Understanding Cost Sources
The primary cost in OpenClaw comes from token consumption in model API calls. Understanding the cost breakdown is the first step to optimization.
openclaw models cost --period 30d --detailed
Cost Breakdown (last 30 days):
Provider Model Input Tokens Output Tokens Cost
──────────────────────────────────────────────────────────────
openai gpt-4o 2.5M 1.8M $28.50
openai gpt-4o-mini 5.0M 3.2M $2.67
anthropic claude-sonnet 800K 600K $8.40
──────────────────────────────────────────────────────────────
Total 8.3M 5.6M $39.57
Top consumers:
telegram-main: $22.00 (56%)
discord-dev: $12.00 (30%)
webchat: $5.57 (14%)
Strategy 1: Tiered Model Usage
Don't use the most expensive model for every request:
{
"routing": {
"rules": [
{"match": {"contentLength": {"max": 50}}, "model": "fast"},
{"match": {"content": ".*"}, "model": "smart"}
]
},
"models": {
"fast": {
"provider": "openai",
"model": "gpt-4o-mini",
"maxTokens": 1024
},
"smart": {
"provider": "openai",
"model": "gpt-4o",
"maxTokens": 2048
}
}
}
Simple greetings and short questions use the cheaper model; complex questions use the premium one.
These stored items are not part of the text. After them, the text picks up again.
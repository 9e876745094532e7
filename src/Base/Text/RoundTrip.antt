-- ===== src/Base/Text/RoundTrip.antt =====
-- The UTF-8 codec: what is encoded is decoded again, and trailing NULs are stripped alike.
use ha_artnet_led.Base.Tests.{ltb, leb, ◌==◌, if◌then◌else◌}
use ha_artnet_led.Base.Lists.{All}
use ha_artnet_led.Base.Bytes.{Bytes, rstrip_nul, strip_head}
use ha_artnet_led.Base.Result.{ok, ◌>>=◌, >>=-returned}
use ha_artnet_led.Base.Text.{
  Text, utf8_char, utf8_encode, utf8_loop, utf8_decode, Pending, no_pending, next, emit, wait,
}
use Prim.Native.Nat.{ℕ, zero, suc, ◌+◌, ◌*◌, ◌/◌, ◌%◌, ◌≤◌, ◌<◌}
use mathlib.Core.Path.{◌≡◌, refl, ap, ◌∙◌}
use mathlib.Core.Logic.{◌≢◌}
use mathlib.Core.Bool.{false, ◌&&◌}
use mathlib.Core.List.{[], ◌∷◌, ◌++◌}
use native.Mathlib.Omega.{arith}

abbrev pub IsCodePoint : ℕ → Type 0
IsCodePoint c = c < 0x110000

module _ {κ} (P : ℕ → Type κ) where
  All-strip_head : (c : ℕ) (cs : Text) → P c → All P cs → All P (strip_head c cs)
  All-strip_head zero [] hc h = h
  All-strip_head zero (d ∷ ds) hc h = (hc, h)
  All-strip_head (suc c) cs hc h = (hc, h)

  pub All-rstrip_nul : (t : Text) → All P t → All P (rstrip_nul t)
  unfolding rstrip_nul
  All-rstrip_nul [] h = h
  All-rstrip_nul (c ∷ cs) h = All-strip_head c (rstrip_nul cs) h.0 (All-rstrip_nul cs h.1)

-- One byte of the loop, by what `next` says of it.
utf8_loop_emit :
    (b c : ℕ) (bs : Bytes) (p : Pending)
    → next p b ≡ emit c
    → utf8_loop (b ∷ bs) p ≡ (utf8_loop bs no_pending >>= λ cs. ok (c ∷ cs))
unfolding utf8_loop
utf8_loop_emit b c bs p h = rw (h, utf8_loop)

utf8_loop_wait :
    (b : ℕ) (bs : Bytes) (p q : Pending) → next p b ≡ wait q → utf8_loop (b ∷ bs) p ≡ utf8_loop bs q
unfolding utf8_loop
utf8_loop_wait b bs p q h = rw (h, utf8_loop)

abbrev pending : ℕ → ℕ → ℕ → ℕ → Pending
pending d v l h = record { due = d; value = v; low = l; high = h }

-- The bounds of the second byte, by the bits of the first.
abbrev low_3 : ℕ → ℕ
low_3 q = if q == 0 then 0xA0 else 0x80

abbrev high_3 : ℕ → ℕ
high_3 q = if q == 13 then 0x9F else 0xBF

abbrev low_4 : ℕ → ℕ
low_4 q = if q == 0 then 0x90 else 0x80

abbrev high_4 : ℕ → ℕ
high_4 q = if q == 4 then 0x8F else 0xBF

lead_1 : (c : ℕ) → c < 0x80 → next no_pending c ≡ emit c
lead_1 c h = ground arith

lead_2 : (q : ℕ) → 2 ≤ q → q < 32 → next no_pending (0xC0 + q) ≡ wait (pending 1 q 0x80 0xBF)
lead_2 q l h = ground arith

lead_3 : (q : ℕ) → q < 16 → next no_pending (0xE0 + q) ≡ wait (pending 2 q (low_3 q) (high_3 q))
lead_3 q h = ground arith

lead_4 : (q : ℕ) → q < 5 → next no_pending (0xF0 + q) ≡ wait (pending 3 q (low_4 q) (high_4 q))
lead_4 q h = ground arith

last :
    (v l h m : ℕ)
    → l ≤ 0x80 + m
    → 0x80 + m ≤ h
    → next (pending 1 v l h) (0x80 + m) ≡ emit (v * 64 + m)
last v l h m p q = ground arith

inner :
    (k v l h m : ℕ)
    → l ≤ 0x80 + m
    → 0x80 + m ≤ h
    → next (pending (suc (suc k)) v l h) (0x80 + m) ≡ wait (pending (suc k) (v * 64 + m) 0x80 0xBF)
inner k v l h m p q = ground arith

last_eq :
    (v l h m c : ℕ)
    → l ≤ 0x80 + m
    → 0x80 + m ≤ h
    → v * 64 + m ≡ c
    → next (pending 1 v l h) (0x80 + m) ≡ emit c
last_eq v l h m c p q e = last v l h m p q ∙ ap emit e

-- The decoder on the two, three and four bytes of a code point.
abbrev Decodes : ℕ → Bytes → Type 0
Decodes c b =
    (rest : Bytes)
    → utf8_loop (b ++ rest) no_pending ≡ (utf8_loop rest no_pending >>= λ cs. ok (c ∷ cs))

Decodes-2 : (c : ℕ) → 0x80 ≤ c → c < 0x800 → Decodes c ((0xC0 + c / 64) ∷ (0x80 + c % 64) ∷ [])
Decodes-2 c l h rest =
    utf8_loop_wait _ _ _ _ (lead_2 (c / 64) (omega arith) (omega arith))
    ∙ utf8_loop_emit _ _ _ _
        (last_eq (c / 64) 0x80 0xBF (c % 64) c (omega arith) (omega arith) (omega arith))

Decodes-3 :
    (c : ℕ)
    → 0x800 ≤ c
    → c < 0x10000
    → (leb 0xD800 c && ltb c 0xE000) ≡ false
    → Decodes c ((0xE0 + c / 4096) ∷ (0x80 + c / 64 % 64) ∷ (0x80 + c % 64) ∷ [])
Decodes-3 c l h s rest =
    utf8_loop_wait _ _ _ _ (lead_3 (c / 4096) (omega arith))
    ∙ utf8_loop_wait _ _ _ _ (
        inner 0 (c / 4096) (low_3 (c / 4096)) (high_3 (c / 4096)) (c / 64 % 64) (ground arith)
          (ground arith))
    ∙ utf8_loop_emit _ _ _ _
        (last_eq _ 0x80 0xBF (c % 64) c (omega arith) (omega arith) (omega arith))

Decodes-4 :
    (c : ℕ)
    → 0x10000 ≤ c
    → c < 0x110000
    → Decodes c
        ((0xF0 + c / 262144) ∷ (0x80 + c / 4096 % 64) ∷ (0x80 + c / 64 % 64) ∷ (0x80 + c % 64) ∷ [])
Decodes-4 c l h rest =
    utf8_loop_wait _ _ _ _ (lead_4 (c / 262144) (omega arith))
    ∙ utf8_loop_wait _ _ _ _ (
        inner 1 (c / 262144) (low_4 (c / 262144)) (high_4 (c / 262144)) (c / 4096 % 64)
          (ground arith) (ground arith))
    ∙ utf8_loop_wait _ _ _ _ (inner 0 _ 0x80 0xBF (c / 64 % 64) (omega arith) (omega arith))
    ∙ utf8_loop_emit _ _ _ _
        (last_eq _ 0x80 0xBF (c % 64) c (omega arith) (omega arith) (omega arith))

Decodes-1 : (c : ℕ) → c < 0x80 → Decodes c (c ∷ [])
Decodes-1 c h rest = utf8_loop_emit _ _ _ _ (lead_1 c h)

utf8_char_cases : (c : ℕ) (b : Bytes) → IsCodePoint c → utf8_char c ≡ ok b → Decodes c b
unfolding utf8_char
utf8_char_cases c b h e = ground (arith, Decodes-1 c, Decodes-2 c, Decodes-3 c, Decodes-4 c)

pub utf8_decode-encode :
    (t : Text) (b : Bytes) → All IsCodePoint t → utf8_encode t ≡ ok b → utf8_decode b ≡ ok t
unfolding utf8_decode utf8_encode
utf8_decode-encode [] b h e = ground arith
utf8_decode-encode (c ∷ cs) b (hc, hcs) e =
    let (x, ex, e') = >>=-returned _ (utf8_char c) e in
    let (y, ey, e'') = >>=-returned _ (utf8_encode cs) e' in
    ground (arith, utf8_char_cases c x hc ex y, utf8_decode-encode cs y hcs ey)

-- Only the NUL itself has a zero byte at the end of its encoding, and it has no other byte.
strip_char :
    (c : ℕ) (b bs : Bytes) → utf8_char c ≡ ok b → c ≢ 0 → rstrip_nul (b ++ bs) ≡ b ++ rstrip_nul bs
unfolding utf8_char rstrip_nul
strip_char c b bs e h = ground arith

strip_head_ne : (c : ℕ) (cs : Text) → c ≢ 0 → strip_head c cs ≡ c ∷ cs
strip_head_ne zero cs h = absurd (h refl)
strip_head_ne (suc c) cs h = refl

utf8_char-ne-nil : (c : ℕ) → utf8_char c ≢ ok []
unfolding utf8_char
utf8_char-ne-nil c = λ e. ground arith

-- The encoding of a text is that of its first code point, then that of the others.
utf8_encode-cons :
    (c : ℕ) (cs : Text) (x y : Bytes)
    → utf8_char c ≡ ok x
    → utf8_encode cs ≡ ok y
    → utf8_encode (c ∷ cs) ≡ ok (x ++ y)
unfolding utf8_encode
utf8_encode-cons c cs x y ex ey = rw (ex, ey)

utf8_encode-inv :
    (c : ℕ) (cs : Text) (b : Bytes)
    → utf8_encode (c ∷ cs) ≡ ok b
    → (x : Bytes) × (y : Bytes) × (utf8_char c ≡ ok x) × (utf8_encode cs ≡ ok y) × (b ≡ x ++ y)
unfolding utf8_encode
utf8_encode-inv c cs b e =
    let (x, ex, e') = >>=-returned _ (utf8_char c) e in
    let (y, ey, e'') = >>=-returned _ (utf8_encode cs) e' in (x, y, ex, ey, cc)

utf8_encode-ne-nil : (c : ℕ) (cs : Text) → utf8_encode (c ∷ cs) ≢ ok []
utf8_encode-ne-nil c cs = λ e. let (x, y, ex, ey, eb) = utf8_encode-inv c cs [] e in head x y ex eb
  where
    head : (x y : Bytes) → utf8_char c ≡ ok x → [] ≡ x ++ y → ⊥
    head [] y ex e = utf8_char-ne-nil c ex
    head (a ∷ x) y ex e = cc

char_nul : utf8_char 0 ≡ ok (0 ∷ [])
unfolding utf8_char
char_nul = refl

strip_nul_head :
    (r : Text) (s : Bytes)
    → utf8_encode r ≡ ok s
    → utf8_encode (strip_head 0 r) ≡ ok (strip_head 0 s)
strip_nul_head [] [] e = e
strip_nul_head [] (x ∷ s) e = unfold utf8_encode in cc
strip_nul_head (c ∷ r) [] e = absurd (utf8_encode-ne-nil c r e)
strip_nul_head (c ∷ r) (x ∷ s) e = utf8_encode-cons 0 (c ∷ r) (0 ∷ []) (x ∷ s) char_nul e

nul_bytes : (x : Bytes) → utf8_char 0 ≡ ok x → x ≡ 0 ∷ []
nul_bytes x e = cc char_nul

pub rstrip_nul-utf8_encode :
    (t : Text) (b : Bytes) → utf8_encode t ≡ ok b → utf8_encode (rstrip_nul t) ≡ ok (rstrip_nul b)
unfolding rstrip_nul
rstrip_nul-utf8_encode [] b e = unfold utf8_encode in ground arith
rstrip_nul-utf8_encode (zero ∷ cs) b e =
    let (x, y, ex, ey, eb) = utf8_encode-inv zero cs b e in
    rw (eb, nul_bytes x ex)
      (strip_nul_head (rstrip_nul cs) (rstrip_nul y) (rstrip_nul-utf8_encode cs y ey))
rstrip_nul-utf8_encode (suc c ∷ cs) b e =
    let (x, y, ex, ey, eb) = utf8_encode-inv (suc c) cs b e in
    rw (eb, strip_char (suc c) x y ex (omega arith))
      (utf8_encode-cons (suc c) (rstrip_nul cs) x (rstrip_nul y) ex
        (rstrip_nul-utf8_encode cs y ey))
Strategy 2: Control Output Length
{
"models": {
"main": {
"maxTokens": 2048,
"systemPrompt": "Answer questions concisely. Unless the user asks for details, keep responses under 200 words."
}
}
}
Strategy 3: Optimize the Context Window
Conversation history consumes a large amount of input tokens:
{
"sessions": {
"maxHistory": 10,
"contextStrategy": "smart-trim",
"summaryAfter": 20
}
}
Strategy 4: Use Caching
For repetitive Q&A (such as FAQs), enable response caching:
{
"cache": {
"enabled": true,
"ttl": 3600,
"maxEntries": 1000,
"strategy": "semantic",
"similarityThreshold": 0.95
}
}
Semantic caching can match questions that are "phrased differently but mean the same thing."
Strategy 5: Set Budget Caps
{
"budget": {
"daily": 10.00,
"monthly": 200.00,
"perUser": {
"daily": 1.00
},
"actions": {
"warning": 0.8,
"downgrade": 0.9,
"stop": 1.0
},
"downgradeModel": "fast"
}
}
- At 80% of budget: send an alert
- At 90%: automatically downgrade to the cheaper model
- At 100%: stop the service
Strategy 6: Use Local Models
For non-critical scenarios, use free local models:
{
"models": {
"local": {
"provider": "ollama",
"model": "llama3.1:8b",
"maxTokens": 2048
}
},
"routing": {
"rules": [
{"match": {"channel": "internal-chat"}, "model": "local"},
{"match": {"content": ".*"}, "model": "smart"}
]
}
}
Strategy 7: Rate Limiting
Prevent any single user from consuming excessive resources:
{
"channels": {
"telegram-main": {
"rateLimit": {
"maxMessages": 20,
"window": 60,
"maxTokensPerDay": 50000
}
}
}
}
Cost Monitoring and Alerts
# View real-time cost
openclaw cost today
# View monthly trend
openclaw cost trend --period 30d
# Set alerts
openclaw cost alert --daily 10 --notify telegram-admin
Cost Reports
# Generate a monthly cost report
openclaw cost report --period monthly --output cost-report.json
ROI Calculation
Monthly AI cost: $39.57
Alternative (human agent 4h/day × 30 days): $3,000+
Savings: ~$2,960/month
ROI: 7,480%
Summary
The core of cost optimization is "using the right model for the right scenario." Through a combination of model tiering, context optimization, caching, and budget controls, you can typically reduce costs by 50-70% while maintaining service quality. Regularly reviewing cost reports and continuously optimizing routing rules is the key to long-term savings.